**PROMPT**
Below are some entries. Repeat exactly the lines from the one with "pub record Request : Type 0 where" through the one with "unfoldable pub member", and only those.

**SOURCE DATA**
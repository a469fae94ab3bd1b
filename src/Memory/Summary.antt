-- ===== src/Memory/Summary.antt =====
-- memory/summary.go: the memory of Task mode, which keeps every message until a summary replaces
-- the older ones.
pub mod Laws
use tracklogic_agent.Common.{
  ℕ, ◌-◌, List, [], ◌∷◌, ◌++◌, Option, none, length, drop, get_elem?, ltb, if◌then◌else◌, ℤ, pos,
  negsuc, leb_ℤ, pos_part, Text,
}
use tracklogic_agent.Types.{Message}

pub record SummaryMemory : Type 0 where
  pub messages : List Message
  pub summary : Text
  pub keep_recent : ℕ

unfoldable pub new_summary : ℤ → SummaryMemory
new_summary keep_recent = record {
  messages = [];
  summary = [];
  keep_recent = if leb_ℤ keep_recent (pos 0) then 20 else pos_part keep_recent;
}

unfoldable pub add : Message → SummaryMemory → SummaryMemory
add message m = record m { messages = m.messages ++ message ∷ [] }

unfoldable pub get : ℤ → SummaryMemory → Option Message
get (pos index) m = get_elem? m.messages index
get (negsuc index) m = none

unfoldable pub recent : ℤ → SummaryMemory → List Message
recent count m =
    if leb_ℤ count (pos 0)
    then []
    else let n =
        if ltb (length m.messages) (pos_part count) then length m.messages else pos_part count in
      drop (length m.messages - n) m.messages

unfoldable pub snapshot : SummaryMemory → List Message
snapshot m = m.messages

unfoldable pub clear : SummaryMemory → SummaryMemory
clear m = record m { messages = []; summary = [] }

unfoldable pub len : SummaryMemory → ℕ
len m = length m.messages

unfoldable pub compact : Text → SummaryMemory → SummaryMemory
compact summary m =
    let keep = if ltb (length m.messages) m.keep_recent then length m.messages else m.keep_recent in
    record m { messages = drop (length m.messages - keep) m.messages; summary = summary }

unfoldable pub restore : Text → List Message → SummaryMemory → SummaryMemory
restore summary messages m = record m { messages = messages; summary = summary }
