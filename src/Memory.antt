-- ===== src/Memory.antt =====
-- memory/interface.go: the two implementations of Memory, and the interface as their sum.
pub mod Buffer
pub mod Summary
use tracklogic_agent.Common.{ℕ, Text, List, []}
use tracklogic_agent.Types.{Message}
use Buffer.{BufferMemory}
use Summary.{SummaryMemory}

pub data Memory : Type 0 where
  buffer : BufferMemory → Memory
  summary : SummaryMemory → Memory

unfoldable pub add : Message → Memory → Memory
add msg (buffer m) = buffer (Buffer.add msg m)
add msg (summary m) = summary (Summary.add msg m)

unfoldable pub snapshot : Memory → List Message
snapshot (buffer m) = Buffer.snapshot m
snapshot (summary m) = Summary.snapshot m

==

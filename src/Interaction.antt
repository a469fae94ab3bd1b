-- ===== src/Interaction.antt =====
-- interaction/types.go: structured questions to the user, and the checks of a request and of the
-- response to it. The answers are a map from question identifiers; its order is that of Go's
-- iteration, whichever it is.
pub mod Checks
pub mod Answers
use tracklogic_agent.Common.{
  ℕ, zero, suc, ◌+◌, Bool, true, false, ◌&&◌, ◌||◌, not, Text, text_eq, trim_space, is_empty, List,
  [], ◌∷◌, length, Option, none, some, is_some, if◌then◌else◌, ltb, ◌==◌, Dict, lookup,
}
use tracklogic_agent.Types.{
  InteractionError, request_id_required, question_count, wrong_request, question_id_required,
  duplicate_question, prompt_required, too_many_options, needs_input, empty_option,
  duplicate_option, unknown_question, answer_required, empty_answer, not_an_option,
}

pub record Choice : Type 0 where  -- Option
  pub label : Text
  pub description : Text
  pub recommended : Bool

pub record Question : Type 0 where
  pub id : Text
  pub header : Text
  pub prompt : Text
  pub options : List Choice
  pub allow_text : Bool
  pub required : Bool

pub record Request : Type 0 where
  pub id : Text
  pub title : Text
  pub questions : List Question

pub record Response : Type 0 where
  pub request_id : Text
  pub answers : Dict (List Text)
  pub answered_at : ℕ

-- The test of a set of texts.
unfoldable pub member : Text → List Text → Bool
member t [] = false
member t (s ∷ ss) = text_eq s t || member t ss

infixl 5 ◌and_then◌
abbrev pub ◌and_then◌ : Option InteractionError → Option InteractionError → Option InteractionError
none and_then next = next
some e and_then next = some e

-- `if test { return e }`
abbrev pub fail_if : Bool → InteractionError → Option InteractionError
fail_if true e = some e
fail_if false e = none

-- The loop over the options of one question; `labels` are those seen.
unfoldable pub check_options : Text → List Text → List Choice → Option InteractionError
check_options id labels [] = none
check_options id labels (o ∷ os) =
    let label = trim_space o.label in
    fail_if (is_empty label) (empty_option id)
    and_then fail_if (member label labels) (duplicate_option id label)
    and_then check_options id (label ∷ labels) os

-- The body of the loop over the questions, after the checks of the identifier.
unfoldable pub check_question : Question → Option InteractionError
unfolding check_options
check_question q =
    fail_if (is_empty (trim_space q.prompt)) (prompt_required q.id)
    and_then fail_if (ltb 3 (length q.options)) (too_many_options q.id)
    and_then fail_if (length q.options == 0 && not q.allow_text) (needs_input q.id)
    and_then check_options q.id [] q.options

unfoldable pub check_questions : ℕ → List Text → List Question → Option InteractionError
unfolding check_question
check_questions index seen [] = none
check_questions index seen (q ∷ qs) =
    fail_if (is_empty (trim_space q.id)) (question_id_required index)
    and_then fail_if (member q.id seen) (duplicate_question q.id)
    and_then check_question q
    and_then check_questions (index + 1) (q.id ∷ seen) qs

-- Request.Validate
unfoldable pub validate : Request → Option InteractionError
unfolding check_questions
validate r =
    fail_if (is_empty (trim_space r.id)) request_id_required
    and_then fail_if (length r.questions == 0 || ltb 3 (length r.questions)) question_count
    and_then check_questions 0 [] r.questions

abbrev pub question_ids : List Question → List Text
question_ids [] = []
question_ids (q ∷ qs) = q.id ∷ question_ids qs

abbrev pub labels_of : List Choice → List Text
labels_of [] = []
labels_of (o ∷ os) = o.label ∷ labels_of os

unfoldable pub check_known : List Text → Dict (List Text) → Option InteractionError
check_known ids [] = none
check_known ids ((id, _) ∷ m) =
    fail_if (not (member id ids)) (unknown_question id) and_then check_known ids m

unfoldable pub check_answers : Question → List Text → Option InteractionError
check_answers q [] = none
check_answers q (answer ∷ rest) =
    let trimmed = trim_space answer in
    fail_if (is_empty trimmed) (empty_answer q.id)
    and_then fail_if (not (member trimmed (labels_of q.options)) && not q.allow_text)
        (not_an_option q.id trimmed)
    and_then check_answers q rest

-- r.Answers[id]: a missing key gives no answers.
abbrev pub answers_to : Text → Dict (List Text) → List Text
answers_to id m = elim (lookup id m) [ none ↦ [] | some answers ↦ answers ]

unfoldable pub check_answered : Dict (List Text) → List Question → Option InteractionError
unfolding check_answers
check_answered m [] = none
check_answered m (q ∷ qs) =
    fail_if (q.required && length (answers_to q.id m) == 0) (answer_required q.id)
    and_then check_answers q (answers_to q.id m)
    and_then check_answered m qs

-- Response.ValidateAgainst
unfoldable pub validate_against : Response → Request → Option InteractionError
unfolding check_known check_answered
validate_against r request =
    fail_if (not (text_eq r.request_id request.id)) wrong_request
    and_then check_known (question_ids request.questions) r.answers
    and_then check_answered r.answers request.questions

**PROBLEM SOLUTION**
pub record Request : Type 0 where
  pub id : Text
  pub title : Text
  pub questions : List Question

pub record Response : Type 0 where
  pub request_id : Text
  pub answers : Dict (List Text)
  pub answered_at : ℕ

-- The test of a set of texts.
unfoldable pub member : Text → List Text → Bool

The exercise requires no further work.